Клим, сидя вместе со спецназовцем на крыше, а тот постукивал ладонью по жести, вытянул перед собой ладонь:
– Глю, глю... – негромко позвал он.
Голубь, склонив голову, с сомнением поглядывал на своего хозяина.
– Да, надо чаще бывать дома, – прошипел Клим. – Не признает.
На груди у птицы поблескивала «флэшка».
– Могу в него из пистолета с глушаком: «флэшку» подберем... – предложил спецназовец, даже не подозревая, насколько кощунственно прозвучали его слова.
Клим покачал головой и сделал вид, что крошит хлеб на ладонь. Голубь еще немного поколебался и послушно спланировал, клюнул в пустую руку.
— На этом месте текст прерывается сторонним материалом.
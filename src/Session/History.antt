-- ===== src/Session/History.antt =====
-- Histories of the session service: the calls that change its tables, in the order in which their
-- transactions commit, each with its own clock and identifiers; the driver's faults run through
-- the whole history. `GetSession` changes nothing and is left out.
pub mod Completed
pub mod Effects
pub mod Responses
use tao_core_go.Prelude.{ℕ, Text, List, [], ◌∷◌, ◌++◌, ◌≡◌}
use tao_core_go.Float.{Float64}
use tao_core_go.Store.{World}
use tao_core_go.Session.{Env}
use tao_core_go.Session.Start.{start_session}
use tao_core_go.Session.Save.{save_response}
use tao_core_go.Session.Submit.{Services, Effect, submit_session}
use tao_core_go.Session.Consistency.{
  start_session-IsConsistent, save_response-IsConsistent, submit_session-IsConsistent,
}
use tao_core_go.Session.Consistency.Invariant.{IsConsistent}

pub data Call : Type 0 where
  start_call : Env → Text → Text → Call
  save_call : Env → Text → Text → Text → Text → Call
  submit_call : Services → Env → Text → Text → Call

module _ {F : Type 0} ⦃float : Float64 F⦄ (fold : ℕ → ℕ) where
  -- What a call sets off, and the world after it.
  unfoldable pub step : Call → World F → List (Effect F) × World F
  step (start_call env delivery_id user_id) w = ([], (start_session env delivery_id user_id w).1)
  step (save_call env session_id user_id item_id answer) w =
      ([], (save_response env session_id user_id item_id answer w).1)
  step (submit_call services env session_id user_id) w =
      let (r, w') = submit_session fold services env session_id user_id w in (r.1, w')

  unfoldable pub run : List Call → World F → List (Effect F) × World F
  run [] w = ([], w)
  run (call ∷ calls) w =
      let (effects, w') = step call w in let (later, w'') = run calls w' in (effects ++ later, w'')

  pub step-IsConsistent :
      (call : Call) (w : World F) → IsConsistent w.db → IsConsistent (step call w).1.db
  unfolding step
  step-IsConsistent (start_call env d u) w c = start_session-IsConsistent env d u w c
  step-IsConsistent (save_call env s u i a) w c = save_response-IsConsistent env s u i a w c
  step-IsConsistent (submit_call services env s u) w c =
      submit_session-IsConsistent fold services env s u w c

  -- Any history of start, save and submit calls, whatever the driver does, keeps consistent tables
  -- consistent: identifiers of sessions and of responses are unique, a user has at most one open
  -- session of a delivery, and no more sessions of a listed delivery than its number of attempts
  -- allows.
  pub run-IsConsistent :
      (calls : List Call) (w : World F) → IsConsistent w.db → IsConsistent (run calls w).1.db
  unfolding run
  run-IsConsistent [] w c = c
  run-IsConsistent (call ∷ calls) w c =
      run-IsConsistent calls (step call w).1 (step-IsConsistent call w c)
– В другой раз, милый, в другой раз. Некогда... – приговаривал Бондарев, освобождая почтового голубя от ноши, которую тот доставил в Москву из-за Урала. – Уходим.
Подброшенный голубь закружил над домом.
Крепыш следил за приехавшим мужиком в зеркале шифоньера и комментировал. Тщедушный уже успел перебраться к входной двери.
– Спускается с крыши... выходит за калитку... уезжает... можешь возвращаться... Ну и принесла же нелегкая на нашу голову «Мосэнерго», – и чекист добросовестно записал в отчет сообщение о происшествии.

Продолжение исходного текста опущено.